-- ===== src/Prelude/Results.antt =====
-- The errors of crates/core/src/lib.rs and fallible results. The texts of the variants are kept,
-- since callers can tell them apart. The variant `Json` wraps a type of another project and is
-- raised by no code that is modelled. The `Invalid` of plugins, crates/sdk/src/lib.rs, is `invalid`
-- too.
use mathlib.Core.Path.{◌≡◌, refl}
use mathlib.Core.Logic.{◌⊎◌, inl, inr}
use mathlib.Core.Bool.{Bool}
use mathlib.Core.Option.{Option, none, some}
use Prim.Native.String.{String}
use stulp.Prelude.Tests.{if◌then◌else◌}

pub data Error : Type 0 where
  full memory changed storage : Error
  invalid missing conflict : String → Error

pub data Result {ℓ} (Value : Type ℓ) : Type ℓ where
  err : Error → Result Value
  ok : Value → Result Value

-- `option.ok_or(error)`
abbrev pub ok_or {ℓ} : {Value : Type ℓ} → Option Value → Error → Result Value
ok_or (some value) error = ok value
ok_or none error = err error

-- `result?` in front of the rest of a function
infixl 5 ◌>>=◌
abbrev pub ◌>>=◌ {ℓ κ} :
    {Value : Type ℓ} {Next : Type κ} → Result Value → (Value → Result Next) → Result Next
err error >>= rest = err error
ok value >>= rest = rest value

-- `if !test { return Err(error) }`
abbrev pub guard : Bool → Error → Result (Unit {0})
guard test error = if test then ok tt else err error

infixl 5 ◌>>◌
abbrev pub ◌>>◌ {ℓ} : {Next : Type ℓ} → Result (Unit {0}) → Result Next → Result Next
first >> rest = first >>= λ _. rest

-- A chain that succeeds has a first part that succeeds.
pub then-eq-ok {ℓ} :
    {Next : Type ℓ} (first : Result (Unit {0})) (rest : Result Next) {result : Next}
    → (first >> rest) ≡ ok result
    → (first ≡ ok tt) × (rest ≡ ok result)
then-eq-ok (ok tt) rest done = (refl, done)
then-eq-ok (err error) rest done = cc

pub bind-eq-ok {ℓ κ} :
    {Value : Type ℓ} {Next : Type κ} (first : Result Value) (rest : Value → Result Next)
    {result : Next}
    → (first >>= rest) ≡ ok result
    → (value : Value) × (first ≡ ok value) × (rest value ≡ ok result)
bind-eq-ok (err error) rest done = cc
bind-eq-ok (ok value) rest done = (value, refl, done)

pub Result-cases {ℓ} :
    {A : Type ℓ} (r : Result A) → ((a : A) × (r ≡ ok a)) ⊎ ((e : Error) × (r ≡ err e))
Result-cases (ok a) = inl (a, refl)
Result-cases (err e) = inr (e, refl)
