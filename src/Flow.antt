-- ===== src/Flow.antt =====
-- Flows, crates/core/src/flow.rs: the cards of a graph and an execution that runs them. The values
-- of JSON are those of `hop_types`, so their accessors are a parameter; the fields that
-- crates/core/src/json.rs reads with them are defined.
pub mod Queue
pub mod Once
pub mod Tests
use stulp.Prelude.{
  ℕ, zero, suc, ◌+◌, Bool, true, false, ◌&&◌, ◌||◌, Option, none, some, List, [], ◌∷◌, length,
  get_elem?, set, replicate, position, ltb, ◌==◌, if◌then◌else◌, String, same_text,
}
use stulp.Prelude.Results.{Error, Result, ok, err, full, changed, missing, conflict, ok_or}

-- `as_object().and_then(|o| o.get(key))`, `as_str`, `as_bool` and `as_array` of a value.
pub record Json : Type 1 where
  pub Value : Type 0
  pub field : Value → String → Option Value
  pub as_str : Value → Option String
  pub as_bool : Value → Option Bool
  pub as_array : Value → Option (List Value)

abbrev pub max_nodes : ℕ
max_nodes = 128

abbrev pub or_else {ℓ} : {A : Type ℓ} → Option A → A → A
or_else none d = d
or_else (some a) d = a

-- `passed == inverted`
abbrev pub same_bool : Bool → Bool → Bool
same_bool true b = b
same_bool false true = false
same_bool false false = true

pub record Execution : Type 0 where
  pub pending : List ℕ
  pub head : ℕ
  pub tail : ℕ
  pub visited : List Bool
  pub waiting : Option ℕ

-- An execution before any trigger.
abbrev pub idle : Execution
idle = record {
  pending = replicate max_nodes 0;
  head = 0;
  tail = 0;
  visited = replicate max_nodes false;
  waiting = none;
}

unfoldable pub card_kind : String → String
card_kind t =
    if same_text t "trigger" || same_text t "device-trigger"
    then "trigger"
    else if same_text t "condition"
    then "condition"
    else if same_text t "action"
    then "action"
    else ""

-- A card that has not been visited is queued once.
unfoldable pub visit : ℕ → Execution → Result (Unit {0}) × Execution
visit to e = elim (get_elem? e.visited to) [
  | none ↦ (ok tt, e)
  | some true ↦ (ok tt, e)
  | some false ↦
      if ltb e.tail (length e.pending)
      then (
        ok tt,
        record e {
          pending = set e.pending e.tail to;
          tail = e.tail + 1;
          visited = set e.visited to true;
        },
      )
      else (err full, e)
]

unfoldable pub skip : Execution → Result (Unit {0}) × Execution
skip e = elim e.waiting [
  | none ↦ (err (conflict "no flow callback pending"), e)
  | some index ↦
      if ltb index (length e.visited)
      then (ok tt, record e { waiting = none; visited = set e.visited index true })
      else (err full, record e { waiting = none })
]

module _ (J : Json) where
  open J use {Value, field, as_str, as_bool, as_array}

  -- The readers of crates/core/src/json.rs.
  unfoldable pub get : Value → String → Option Value
  get value key = field value key

  unfoldable pub text : Value → String → String
  unfolding get
  text value key = elim (get value key) [ none ↦ "" | some v ↦ or_else (as_str v) "" ]

  unfoldable pub boolean : Value → String → Bool
  unfolding get
  boolean value key = elim (get value key) [ none ↦ false | some v ↦ or_else (as_bool v) false ]

  unfoldable pub array : Value → String → List Value
  unfolding get
  array value key = elim (get value key) [ none ↦ [] | some v ↦ or_else (as_array v) [] ]

  unfoldable pub kind : Value → String
  unfolding get text card_kind
  kind node = card_kind (elim (get node "step") [ none ↦ "" | some s ↦ text s "cardType" ])

  unfoldable pub node_index : List Value → String → Result ℕ
  unfolding text
  node_index nodes id =
      ok_or (position (λ n. same_text (text n "id") id) nodes)
        (missing "connection references a missing card")

  -- The loop of `complete` over the edges out of a card.
  unfoldable pub follow :
      List Value → String → List Value → Execution → Result (Unit {0}) × Execution
  unfolding text node_index visit
  follow nodes id [] e = (ok tt, e)
  follow nodes id (edge ∷ edges) e = elim (same_text (text edge "from") id) [
    | false ↦ follow nodes id edges e
    | true ↦ elim (node_index nodes (text edge "to")) [
      | err x ↦ (err x, e)
      | ok to ↦
          (let (r, e') = visit to e in
            elim r [ err x ↦ (err x, e') | ok u ↦ follow nodes id edges e' ])
    ]
  ]

  -- `complete`, behind its `visited` write.
  unfoldable pub complete_card : Execution → Value → Bool → ℕ → Result (Unit {0}) × Execution
  unfolding array kind boolean get follow text
  complete_card e flow passed index = elim (get_elem? (array flow "nodes") index) [
    | none ↦ (err changed, e)
    | some node ↦
        let inverted : Bool = elim (get node "step") [
          | none ↦ false
          | some s ↦ boolean s "inverted"
        ] in
        if same_text (kind node) "condition" && same_bool passed inverted
        then (ok tt, e)
        else follow (array flow "nodes") (text node "id") (array flow "edges") e
  ]

  unfoldable pub complete : Execution → Value → Bool → Result (Unit {0}) × Execution
  unfolding complete_card
  complete e flow passed = elim e.waiting [
    | none ↦ (err (conflict "no flow callback pending"), e)
    | some index ↦
        if ltb index (length e.visited)
        then complete_card (record e { waiting = none; visited = set e.visited index true }) flow
            passed index
        else (err full, record e { waiting = none })
  ]

  -- `next`, with the place of the card in place of a reference to it.
  unfoldable pub next : Execution → Value → Result (Option ℕ) × Execution
  unfolding array
  next e flow = elim e.waiting [
    | some index ↦ (err (conflict "flow callback is still pending"), e)
    | none ↦ if e.head == e.tail then (ok none, e) else elim (get_elem? e.pending e.head) [
      | none ↦ (err full, e)
      | some index ↦
          let e' = record e { head = e.head + 1; waiting = some index } in
          elim (get_elem? (array flow "nodes") index) [
            | none ↦ (err changed, e')
            | some n ↦ (ok (some index), e')
          ]
    ]
  ]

··········

**What the exercise asks**
Across the whole listing, show each line where the word "invalid" occurs.

**Result**
-- raised by no code that is modelled. The `Invalid` of plugins, crates/sdk/src/lib.rs, is `invalid`
  invalid missing conflict : String → Error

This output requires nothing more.